Add a security error rating to Microsoft Team Foundation Server 2010

Source: Internet
Author: User

One of the most controversial tasks that software development teams face in their product lifecycle is triage errors. For everyone involved in product development, it is a serious matter to determine the relative importance level of any given error (and then to determine the likelihood that the error will not be repaired in time before it is released).

Programmers, testers, architects, and project managers have different perspectives, and their respective triage decisions are based on some of the following dispersed factors:

After fixing, how much code must be regression tested.

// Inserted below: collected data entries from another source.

-- ===== src/Consix/Threats/Restored.antt =====
-- The trials of `EnsureThreatNum` take every stone away again.
use chess_set.Base.{
  ℕ, zero, suc, inl, inr, Bool-cases, All-append, Bool, true, false, ◌||◌, List, [], ◌∷◌, All,
  if◌then◌else◌, ltb, ◌==◌,
}
use chess_set.Base.Int.{ℤ, pos}
use chess_set.Consix.State.{Point, Line, Lines, Search, next, no_line}
use chess_set.Consix.Candidates.{unique_point}
use chess_set.Consix.Candidates.Squares.{unique_point-All}
use chess_set.Consix.Run.{Run, ◌>>=◌, pure, gets}
use chess_set.Consix.Run.Keeps.{
  Keeps, Restores, Keeps-Restores, Within, IsSafe, Allowed, Anywhere, Free, pure-IsSafe,
  gets-IsSafe, if-IsSafe, bind-IsSafe, with_stone-IsSafe,
}
use chess_set.Consix.Threats.{
  one_six, two_six, each_until, attack_one, attack_two, attack, one_defends, second_defends,
  two_defend, two_directions, ensure_threat_num, wants, add_line, add_lines, get_all_line_infor,
}

module _ (P : ℤ → ℤ → Type 0) where
  each_until-IsSafe :
      (skip : ℕ → Bool) (ps : List Point) (x : ℕ) (body : ℕ → Point → List Point → Bool → Run Bool)
      (lost : Bool)
      → All (Allowed P) ps
      → ((x : ℕ) (p : Point) (qs : List Point) (b : Bool)
          → Allowed P p
          → All (Allowed P) qs
          → IsSafe P (body x p qs b))
      → IsSafe P (each_until skip ps x body lost)
  unfolding each_until
  each_until-IsSafe skip [] x body lost a h = pure-IsSafe P lost
  each_until-IsSafe skip (p ∷ ps) x body lost a h =
      let rest = λ (b : Bool). each_until-IsSafe skip ps (suc x) body b a.1 h in
      if-IsSafe P (skip x) (rest lost) (
        bind-IsSafe P (h x p ps lost a.0 a.1)
          (λ lost'. if-IsSafe P lost' (pure-IsSafe P true) (rest lost')))

  attack_one-IsSafe :
      (side x : ℕ) (p : Point) (ps : List Point) (lost : Bool)
      → Allowed P p
      → IsSafe P (attack_one side x p ps lost)
  unfolding attack_one
  attack_one-IsSafe side x p ps lost a =
      with_stone-IsSafe P p side a
        (bind-IsSafe P (gets-IsSafe P (one_six side p)) (λ six. pure-IsSafe P (lost || six)))

  attack_two-IsSafe :
      (skip : ℕ → Bool) (side x : ℕ) (p : Point) (ps : List Point) (lost : Bool)
      → Allowed P p
      → All (Allowed P) ps
      → IsSafe P (attack_two skip side x p ps lost)
  unfolding attack_two
  attack_two-IsSafe skip side x p ps lost a all = with_stone-IsSafe P p side a (
      each_until-IsSafe skip ps (suc x) _ lost all (λ y q qs lost' c d.
        with_stone-IsSafe P q side c
          (bind-IsSafe P (gets-IsSafe P (two_six side p q)) (λ six. pure-IsSafe P (lost' || six)))))

  pub attack-IsSafe :
      (skip : ℕ → Bool) (all : List Point) (side : ℕ)
      → All (Allowed P) all
      → IsSafe P (attack skip all side)
  unfolding attack
  attack-IsSafe skip all side a =
      bind-IsSafe P
        (each_until-IsSafe skip all 0 (attack_one side) false a
          (λ x p qs b c d. attack_one-IsSafe side x p qs b c))
        (λ lost.
          each_until-IsSafe skip all 0 (attack_two skip side) lost a
            (λ x p qs b c d. attack_two-IsSafe skip side x p qs b c d))

  module _ (all : List Point) (side : ℕ) (a : All (Allowed P) all) where
    one_defends-IsSafe :
        (ps : List Point) (i : ℕ) → All (Allowed P) ps → IsSafe P (one_defends all side ps i)
    unfolding one_defends
    one_defends-IsSafe [] i c = pure-IsSafe P false
    one_defends-IsSafe (p ∷ ps) i c =
        bind-IsSafe P
          (with_stone-IsSafe P p (next side) c.0 (attack-IsSafe (λ x. x == i) all side a))
          (λ lost. if-IsSafe P lost (one_defends-IsSafe ps (suc i) c.1) (pure-IsSafe P true))

    second_defends-IsSafe :
        (i : ℕ) (qs : List Point) (j : ℕ)
        → All (Allowed P) qs
        → IsSafe P (second_defends all side i qs j)
    unfolding second_defends
    second_defends-IsSafe i [] j c = pure-IsSafe P false
    second_defends-IsSafe i (q ∷ qs) j c =
        bind-IsSafe P
          (with_stone-IsSafe P q (next side) c.0 (attack-IsSafe (λ x. x == i || x == j) all side a))
          (λ lost. if-IsSafe P lost (second_defends-IsSafe i qs (suc j) c.1) (pure-IsSafe P true))

    two_defend-IsSafe :
        (ps : List Point) (i : ℕ) → All (Allowed P) ps → IsSafe P (two_defend all side ps i)
    unfolding two_defend
    two_defend-IsSafe [] i c = pure-IsSafe P false
    two_defend-IsSafe (p ∷ ps) i c =
        bind-IsSafe P
          (with_stone-IsSafe P p (next side) c.0 (second_defends-IsSafe i ps (suc i) c.1))
          (λ found. if-IsSafe P found (pure-IsSafe P true) (two_defend-IsSafe ps (suc i) c.1))

  pub ensure_threat_num-IsSafe :
      (line : Line) (threat : List ℕ)
      → All (Allowed P) line.threat_point
      → IsSafe P (ensure_threat_num line threat)
  unfolding ensure_threat_num
  ensure_threat_num-IsSafe line threat a =
      let si : Line = record line { threat_point = unique_point line.threat_point } in
      let c : All (Allowed P) si.threat_point = unique_point-All (Allowed P) line.threat_point a in
      if-IsSafe P (ltb si.threat_num 2) (pure-IsSafe P si) (
        if-IsSafe P (two_directions threat)
          (bind-IsSafe P (one_defends-IsSafe si.threat_point si.side c si.threat_point 0 c) (λ one.
            if-IsSafe P one (pure-IsSafe P (record si { threat_num = 1 })) (
              bind-IsSafe P (two_defend-IsSafe si.threat_point si.side c si.threat_point 0 c)
                (λ two. pure-IsSafe P (if two then record si { threat_num = 2 } else si)))))
          (pure-IsSafe P si))

  -- `GetAllLineInfor`, where the threat points that it adds up stand on allowed squares.
  pub get_all_line_infor-IsSafe_at :
      (side which : ℕ) (g : Search)
      → Within P g.board
      → All
          (Allowed P)
          (add_lines g.line_info side which 92 0 (record no_line { side = side }) []).0.threat_point
      → Keeps P g (get_all_line_infor side which g).1
  unfolding get_all_line_infor ◌>>=◌ gets pure
  get_all_line_infor-IsSafe_at side which g w a =
      let summed = add_lines g.line_info side which 92 0 (record no_line { side = side }) [] in
      (ensure_threat_num-IsSafe summed.0 summed.1 a).keeps g w

add_line-All :
    (Q : Point → Type 0) (which : ℕ) (line sum : Line)
    → All Q line.threat_point
    → All Q sum.threat_point
    → All Q (add_line which line sum).threat_point
unfolding add_line
add_line-All Q which line sum h k = elim (Bool-cases (wants which 1)) [
  | inl e ↦ rw e (All-append Q sum.threat_point line.threat_point k h)
  | inr e ↦ rw e k
]

add_lines-All :
    (Q : Point → Type 0) (lines : Lines) (side which count i : ℕ) (sum : Line) (threat : List ℕ)
    → ((j : ℕ) → All Q (lines side (pos j)).threat_point)
    → All Q sum.threat_point
    → All Q (add_lines lines side which count i sum threat).0.threat_point
unfolding add_lines
add_lines-All Q lines side which zero i sum threat h k = k
add_lines-All Q lines side which (suc count) i sum threat h k =
    add_lines-All Q lines side which count (suc i) (add_line which (lines side (pos i)) sum) _ h
      (add_line-All Q which (lines side (pos i)) sum (h i) k)

pub anywhere : (ps : List Point) → All (Allowed Anywhere) ps
anywhere [] = tt
anywhere (p ∷ ps) = (tt, anywhere ps)

pub get_all_line_infor-IsSafe : (side which : ℕ) → IsSafe Anywhere (get_all_line_infor side which)
get_all_line_infor-IsSafe side which = record {
  keeps = λ g w. get_all_line_infor-IsSafe_at Anywhere side which g w (anywhere _);
}

-- `GetAllLineInfor` gives back the state, the board included, when the threat points that the table
-- of lines holds for the side stand on empty squares.
pub get_all_line_infor-Restores :
    (side which : ℕ) (g : Search)
    → ((i : ℕ) → All (Allowed (Free g.board)) (g.line_info side (pos i)).threat_point)
    → Restores g (get_all_line_infor side which g).1
get_all_line_infor-Restores side which g h = Keeps-Restores g (get_all_line_infor side which g).1 (
    get_all_line_infor-IsSafe_at (Free g.board) side which g (λ x y e. e)
      (add_lines-All (Allowed (Free g.board)) g.line_info side which 92 0
        (record no_line { side = side }) [] h tt))
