-- ===== src/Lib.antt =====
-- Verification of authz: the decision point that answers "may this subject do this action on this
-- resource", what it reads, and what enforces its answers.
--
-- Parts, and how they interact. A request names a tenant, an application, a subject (a user, or an
-- agent that acts for a user), a resource and an action. The decision point asks its repository for
-- the permissions of the subject, narrows them by the tenant's mask and by a delegation grant, and
-- then asks the policy engine. The in-memory store is such a repository. The tenant resolver turns
-- an external identity into a user in a tenant. The guards keep the permissions of an agent's run
-- and decide without the decision point. Delegation grants are signed tokens with a stored row.
-- The rate limiter stands before the service. The service admits a caller by an API key, an OAuth
-- token or a browser's session, binds it to its tenant, resolves the references of the request,
-- checks the delegation token, asks the decision point, and writes the audit log. Signing keys sign
-- the grants and rotate; API keys, OAuth clients, invitations and sessions are rows of SQL tables.
--
-- Files, and the code each models (paths from the root of the repository):
--   Base and its children: truth values, results, sets, dictionaries, and their lemmas.
--   Exceptions: authzkit/exceptions.py.
--   Policies/Value, Policies/Expressions: authzkit/policies/expressions.py (`_resolve`,
--     `evaluate_expression`) over Python values; Policies/Engine: authzkit/policies/engine.py.
--   Rbac/Models: authzkit/rbac/models.py. Rbac/Requests, Rbac/Subjects, Rbac/Checker:
--     authzkit/rbac/checker.py (`authorize`, `bulk_authorize`, `effective_permissions` and their
--     private methods), over the interface of authzkit/rbac/repository.py.
--   Tenancy/Models: authzkit/tenancy/models.py, authzkit/agents/models.py. Tenancy/Resolver:
--     authzkit/tenancy/resolver.py, with `resolve_membership_permissions` of
--     authzkit/rbac/resolver.py.
--   Storage/Memory and its children: authzkit/storage/memory.py, one function for each method of
--     `InMemoryStore`; a method that writes returns the new store.
--   Guards/Agents: authzkit/agents/resolver.py, authzkit/agents/guard.py. Guards/Tools:
--     authzkit/tools. Guards/Mcp: authzkit/mcp.
--   Storage/Tables: the statements that the services send to the tables of authzkit/storage/orm.py.
--   Security/Tokens, Security/Delegations: `DelegationService` of authzkit/security/delegations.py.
--   Security/Scopes, Security/OauthResource, Security/ApiKeys, Security/OauthClients, Security/SigningKeys,
--     Security/Invitations, Security/Sessions, Security/Principal: the files of these names in
--     authzkit/security, one function for each method; a method that writes returns its table.
--   Service/Http: what a handler raises. Service/Callers: authz_service/dependencies.py.
--     Service/References: authz_service/references.py. Service/Delegations:
--     authz_service/api/delegations.py. Service/Authorize: authz_service/api/authorize.py.
--   Service/Management: authz_service/management.py. Service/Idempotency: `_MemoryIdempotencyStore` and
--     `IdempotencyMiddleware` of authz_service/middleware.py. Service/Limiter: `_SlidingWindowLimiter` of authz_service/middleware.py.
--   Tests: runs on examples, and the theorems at concrete inputs.
--
-- Conventions. Sets are lists read through membership; dictionaries are lists of entries in the
-- order of insertion. Exceptions are values. New ids (`uuid4`) and the time are arguments; one call
-- reads the time once. A text that Python compares or cuts is a native text. Loops are structural
-- recursion, so that no fuel is needed; only the loop of Service/Idempotency that evicts runs on fuel, as
-- much as the cache has entries, and Service/Idempotency/Bounds says why that is enough. PyJWT, `getattr` on objects that are no mapping, and the
-- hook that revalidates critical actions are parameters.
--
-- A call on a table is one transaction; where another caller's may come between two statements, it is
-- an argument. SHA-256, the cryptography of RSA keys, `str.lower` and, in Service/Callers, the resolver of OAuth tokens
-- are parameters. What the handlers ask of the SQL store is a record of functions.
--
-- Not modelled: floats in policy conditions, the text of `ValueError`, the SQL store's own queries and
-- its migrations, the rest of the HTTP service (administration, provisioning, the OAuth endpoints,
-- the other middleware), the identity providers, and the client library.
pub mod Base
pub mod Exceptions
pub mod Policies
pub mod Rbac
pub mod Tenancy
pub mod Storage
pub mod Security
pub mod Guards
pub mod Service
pub mod Tests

How long it is to publish the project.

How many users will be affected by the change.

Whether the error prevented other problems from being tested or repaired.

I acknowledge that these are important considerations when triage functional errors in the product's functionality. However, these should not be considered when determining whether to fix a security error (that is, an error that could result in a security breach in the product). The classification of security errors must be objective and consistent. For an attacker, it does not matter whether you discovered a vulnerability the week before the code completion milestone, as an attacker would exploit the vulnerability equally.

This column describes the objective security error classification system ("error rating") that is used by the Microsoft internal product and online services teams, as required by the Security Development Lifecycle (SDL). This article also describes how you can incorporate this classification system into your own development environment using Microsoft Team Foundation Server 2010.

DREAD

Before I discuss the error ratings that exist within Microsoft, it is important to introduce Microsoft's early Security Error classification initiative: DREAD. DREAD is a mnemonic tool that represents:

Potentially destructive

Repeatability

Availability

Affected users

can be found

Anyone who logs a new security error assigns a value ranging from 1 to 10 for each DREAD parameter, 10 is the most serious, and 1 is the least serious. These values are then averaged to form an overall DREAD rating. For example, suppose a developer named Doug found a SQL blind attack vulnerability in his team's new WEB Application Management portal page. Doug might classify the vulnerability as shown in Figure 1.

Figure 11 Security vulnerability Classification for developers

5 All user pages areUnable to link to the affected page. " TD style= "BORDER:0;PADDING:0;" > can be reproduced every time.
dread parameters rating basic principle
potentially destructive
reproducibility 10
available 2
1
1
3.8  

The classification shown in Figure 1 seems quite simple and effective. But consider that Doug's tester colleague Tina may look at the same vulnerability in a completely different way, as shown in Figure 2.

Contact Us

The content source of this page is from Internet, which doesn't represent Alibaba Cloud's opinion; products and services mentioned on that page don't have any relationship with Alibaba Cloud. If the content of the page makes you feel confusing, please write us an email, we will handle the problem within 5 days after receiving your email.

If you find any instances of plagiarism from the community, please send an email to: info-contact@alibabacloud.com and provide relevant evidence. A staff member will contact you within 5 working days.

A Free Trial That Lets You Build Big!

Start building with 50+ products and up to 12 months usage for Elastic Compute Service

  • Sales Support

    1 on 1 presale consultation

  • After-Sales Support

    24/7 Technical Support 6 Free Tickets per Quarter Faster Response

  • Alibaba Cloud offers highly flexible support services tailored to meet your exact needs.